Saturday, May 29, 2010

Is this real?

Is this real or Hong Kong's version of Joshua Bell playing Bach's Chaconne in the subway experiment?

Monday, May 24, 2010

Bypassing the Great China Firewall

A friend of mine who is working in Shanghai seems to have unrestricted access to the Internet. Curious about it, I ask him how come he is able to update his Facebook and read Apple Daily while he is in Shanghai.  "The wall is for those who voluntarily submit to it.  Many kids in the bigger cities have their ways to bypass it."  He sends me this link which offers a number of ways to bypass the wall: As the freebies are not very reliable, he and his colleagues are using a paid service called Strong VPN, which allows them to surf the web freely for something like US$7 a month.

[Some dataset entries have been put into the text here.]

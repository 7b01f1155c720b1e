-- ===== src/SocketHandler.antt =====
-- src/SocketHandler.hpp and src/SocketHandler.cpp: a connection from another server. As in
-- src/Server.cpp, what a function starts is returned, and a handler is a function of its own.
pub mod Framing
use sm_ext_rpc.Base.{
  String, Option, none, some, List, [], ◌∷◌, ◌++◌, ℕ, take, Bytes, Result, ok, ◌>>=◌,
}
use sm_ext_rpc.Base.Int.{ℤ}
use sm_ext_rpc.Json.Wire.{packet}
use sm_ext_rpc.Processor.{Env, Processor}
use sm_ext_rpc.Processor.Request.{Handled, Response, reply, silent, invoke, handle_request}
use sm_ext_rpc.Server.{ErrorCode, Operation, read, write, LogLine, boost_error}

module _ (E : Env) where
  open E use {json}
  open json use {dump}

  -- `do_write`
  pub do_write : Bytes → List Operation
  do_write response = write (packet response) ∷ []

  -- The callback is called at once with a reply; a plugin's function calls it later, or never.
  pub respond : Response E → List Operation
  unfolding do_write
  respond (reply res) = do_write (dump res)
  respond silent = []
  respond (invoke f method remote params pending) = []

  pub record Received : Type 0 where
    pub handled : Handled E
    pub started : List Operation
    -- The buffer of the next read.
    pub buffer : Bytes

  -- `Start`
  pub start : List Operation
  start = read ∷ []

  -- The handler of a read that succeeded: `length` bytes of the buffer are the request, a new buffer
  -- takes the place of the old one, and the next read is started. `remote` is the text of
  -- the peer's address.
  unfoldable pub on_read : Processor → ℤ → String → Bytes → ℕ → Result Received
  unfolding respond
  on_read p now remote buffer length =
      handle_request E p now remote (take length buffer) >>= λ handled.
      ok
        (record { handled = handled; started = respond handled.response ++ read ∷ []; buffer = [] })

  -- The reads of a connection one after the other: what arrives until the read ends is added to the
  -- buffer. The responses are in order.
  unfoldable pub session :
      Processor → String → Bytes → List (ℤ × Bytes × ℕ) → Result (List (Response E) × Processor)
  unfolding on_read
  session p remote before [] = ok ([], p)
  session p remote before ((now, chunk, length) ∷ reads) =
      on_read p now remote (before ++ chunk) length >>= λ received.
      session received.handled.processor remote received.buffer reads >>= λ (responses, p').
      ok (received.handled.response ∷ responses, p')

-- The handler of a read that failed, and the handler of a write.
pub on_read_error : ErrorCode → List LogLine
on_read_error ec = boost_error ec ∷ []

pub on_written : Option ErrorCode → List LogLine
on_written none = []
on_written (some ec) = boost_error ec ∷ []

I am totally ignorant to Swedish Sami culture.  Thanks to Jonna Wibelius and Internet, I am able to enjoy the lovely music of Sofia Jannok.  Keep the Internet free and unrestricted.

Monday, May 17, 2010

Where have the boys gone?

Was reading the blog of Sally Anderson (founder of Hong Kong Dog Rescue) over the weekend.  1st of May was a big day for Hong Kong Dog Rescue - it was time they had to leave their kennel in Pokfulam and move to their new home in Tai Po.  The big move was filmed and you can watch it on Youtube.  I couldn't help wondering while watching the video:  How come most of the volunteers are girls?  Where have the boy gone?

This book, "Why Boys Fail: "Saving Our Sons from an Educational System That's Leaving Them Behind" got mentioned in the Hong Kong Economic Journal.  Out of curiosity I downloaded a sample from Kindle Store.  Don't like it.  It reads amateurish and contains mostly second-hand information.  Looking for something better to read I found Peg Tyre's "The Trouble with Boys: A Surprising Report Card on Our Sons, Their Problems at School, and What Parents and Educators Must do".  There are a few things in the book that are new to me.  For instance, I never realised that it could be a political issue as such - some "pro-boys" measures are simply perceived as "anti-girls" and strongly opposed by the feminist groups and parents of the high achieving girls.  The whole system, as pointed out by the author, does seem unfair to the boys.  When boys are treated as girls at homes and judged as girls at schools, how can boys not be defective girls?  It is a good read and I recommend it to all parents (not just parents of boys).

Tuesday, May 04, 2010

A New World

When I had the Kindle in my hands for the first time, I fell in live with it instantly.  As a new convert, I let my wife and daughter try it.  Big mistake.  They privatised it on their first try.  It's true that the Kindle is very limited and capable of only one thing.  But it does what it is supposed to do, and does it really well.  It doesn't look like a book but it feels like one in your hands as you actually use it.  Retiring to the couch with a kindle is as relaxing as reading a book with a bottle of beer and a wide-brimmed straw hat under the sun.  It's the user experience that counts and the Kindle passes with flying colour in that area.  A friend of mine got a Kindle DX for her mother as a present.  She thought it was a crazy and useless gadget but, after trying it for 15 minutes, she was a joyous woman.  After all, having given up reading for over a decade because of failing eyesight, she can now swim in the sea of books.  It's a whole new world for her. 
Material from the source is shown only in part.